<<<<

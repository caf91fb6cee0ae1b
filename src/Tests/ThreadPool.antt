-- ===== src/Tests/ThreadPool.antt =====
-- A pool of one thread and at most two: the thread waits, and a task is queued, whose signal wakes it.
use swishxx.Common.{refl, arith, [], ◌∷◌, true, false}
use swishxx.ThreadPool.{
  State, outside, woken, lock_queue, wait_task, thread_moves, thread_steps, unblocks, waiting,
  Reach, start, later, new_task, push_task, initial, new_task_turn,
}
use swishxx.ThreadPool.Invariant.{Inv, Reach-Inv}
use swishxx.ThreadPool.Progress.{CanTake, Reach-CanTake}

abbrev queued : State
queued = record {
  pool = record { q_locked = false; queue = 7 ∷ []; t_busy = 0; pushed = 7 ∷ []; popped = [] };
  threads = woken false ∷ [];
  client = outside;
}

queued-Reach : Reach 1 2 queued
unfolding initial new_task_turn
queued-Reach =
    let locked = later start (thread_steps (thread_moves [] [] (lock_queue refl))) in
    let idle = later locked (thread_steps (thread_moves [] [] (wait_task refl (omega arith)))) in
    later (later idle (new_task 7 true)) (push_task refl (unblocks waiting [] [] refl))

Reach-Inv_example : Inv 1 2 queued
Reach-Inv_example = Reach-Inv (omega arith) (omega arith) queued-Reach

Reach-CanTake_example : CanTake 1 queued 7
Reach-CanTake_example = Reach-CanTake 7 [] (omega arith) (omega arith) queued-Reach refl
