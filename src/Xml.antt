-- ===== src/Xml.antt =====
-- src/xml_formatter.cpp: how the title of a file is written to the results. The title is character data of XML.
pub mod RoundTrip
use swishxx.Common.{
  ℕ, zero, suc, ◌+◌, Bool, true, false, List, [], ◌∷◌, Option, none, some, if◌then◌else◌, length,
  codes,
}
use swishxx.Filter.{find_first_of, replace}

module _ (c : ℕ) (text : List ℕ) where
  -- A loop of `escape`, from a position on: a character is replaced by a text, and the search goes on behind that.
  unfoldable pub replace_loop : ℕ → List ℕ → ℕ → List ℕ
  replace_loop zero s i = s
  replace_loop (suc fuel) s i = elim (find_first_of s (c ∷ []) i) [
    | none ↦ s
    | some p ↦ replace_loop fuel (replace s p 1 text) (p + length text)
  ]

-- Each round handles a character of its own.
unfoldable pub escape : List ℕ → List ℕ
escape s =
    let ampersands = replace_loop b'&' (codes "&amp;") (suc (length s)) s 0 in
    replace_loop b'<' (codes "&lt;") (suc (length ampersands)) ampersands 0

-- `strpbrk( s, "&<" )`
unfoldable pub has_special : List ℕ → Bool
has_special s = elim (find_first_of s (codes "&<") 0) [ none ↦ false | some p ↦ true ]

-- What `result` writes between the tags of the title.
unfoldable pub write_title : List ℕ → List ℕ
write_title title = if has_special title then escape title else title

>>>>

**Exercise details**: Repeat the material above exactly.

**Solution to the exercise**:
repository caf91fb6cee0ae1b
filename src/Tests/ThreadPool.antt
-- ===== src/Tests/ThreadPool.antt =====
-- A pool of one thread and at most two: the thread waits, and a task is queued, whose signal wakes it.
use swishxx.Common.{refl, arith, [], ◌∷◌, true, false}
use swishxx.ThreadPool.{
  State, outside, woken, lock_queue, wait_task, thread_moves, thread_steps, unblocks, waiting,
  Reach, start, later, new_task, push_task, initial, new_task_turn,
}
use swishxx.ThreadPool.Invariant.{Inv, Reach-Inv}
use swishxx.ThreadPool.Progress.{CanTake, Reach-CanTake}

abbrev queued : State
queued = record {
  pool = record { q_locked = false; queue = 7 ∷ []; t_busy = 0; pushed = 7 ∷ []; popped = [] };
  threads = woken false ∷ [];
  client = outside;
}

queued-Reach : Reach 1 2 queued
unfolding initial new_task_turn
queued-Reach =
    let locked = later start (thread_steps (thread_moves [] [] (lock_queue refl))) in
    let idle = later locked (thread_steps (thread_moves [] [] (wait_task refl (omega arith)))) in
    later (later idle (new_task 7 true)) (push_task refl (unblocks waiting [] [] refl))

Reach-Inv_example : Inv 1 2 queued
Reach-Inv_example = Reach-Inv (omega arith) (omega arith) queued-Reach

Reach-CanTake_example : CanTake 1 queued 7
Reach-CanTake_example = Reach-CanTake 7 [] (omega arith) (omega arith) queued-Reach refl
filename src/Xml.antt
-- ===== src/Xml.antt =====
-- src/xml_formatter.cpp: how the title of a file is written to the results. The title is character data of XML.
pub mod RoundTrip
use swishxx.Common.{
  ℕ, zero, suc, ◌+◌, Bool, true, false, List, [], ◌∷◌, Option, none, some, if◌then◌else◌, length,
  codes,
}
use swishxx.Filter.{find_first_of, replace}

module _ (c : ℕ) (text : List ℕ) where
  -- A loop of `escape`, from a position on: a character is replaced by a text, and the search goes on behind that.
  unfoldable pub replace_loop : ℕ → List ℕ → ℕ → List ℕ
  replace_loop zero s i = s
  replace_loop (suc fuel) s i = elim (find_first_of s (c ∷ []) i) [
    | none ↦ s
    | some p ↦ replace_loop fuel (replace s p 1 text) (p + length text)
  ]

-- Each round handles a character of its own.
unfoldable pub escape : List ℕ → List ℕ
escape s =
    let ampersands = replace_loop b'&' (codes "&amp;") (suc (length s)) s 0 in
    replace_loop b'<' (codes "&lt;") (suc (length ampersands)) ampersands 0

-- `strpbrk( s, "&<" )`
unfoldable pub has_special : List ℕ → Bool
has_special s = elim (find_first_of s (codes "&<") 0) [ none ↦ false | some p ↦ true ]

-- What `result` writes between the tags of the title.
unfoldable pub write_title : List ℕ → List ℕ
write_title title = if has_special title then escape title else title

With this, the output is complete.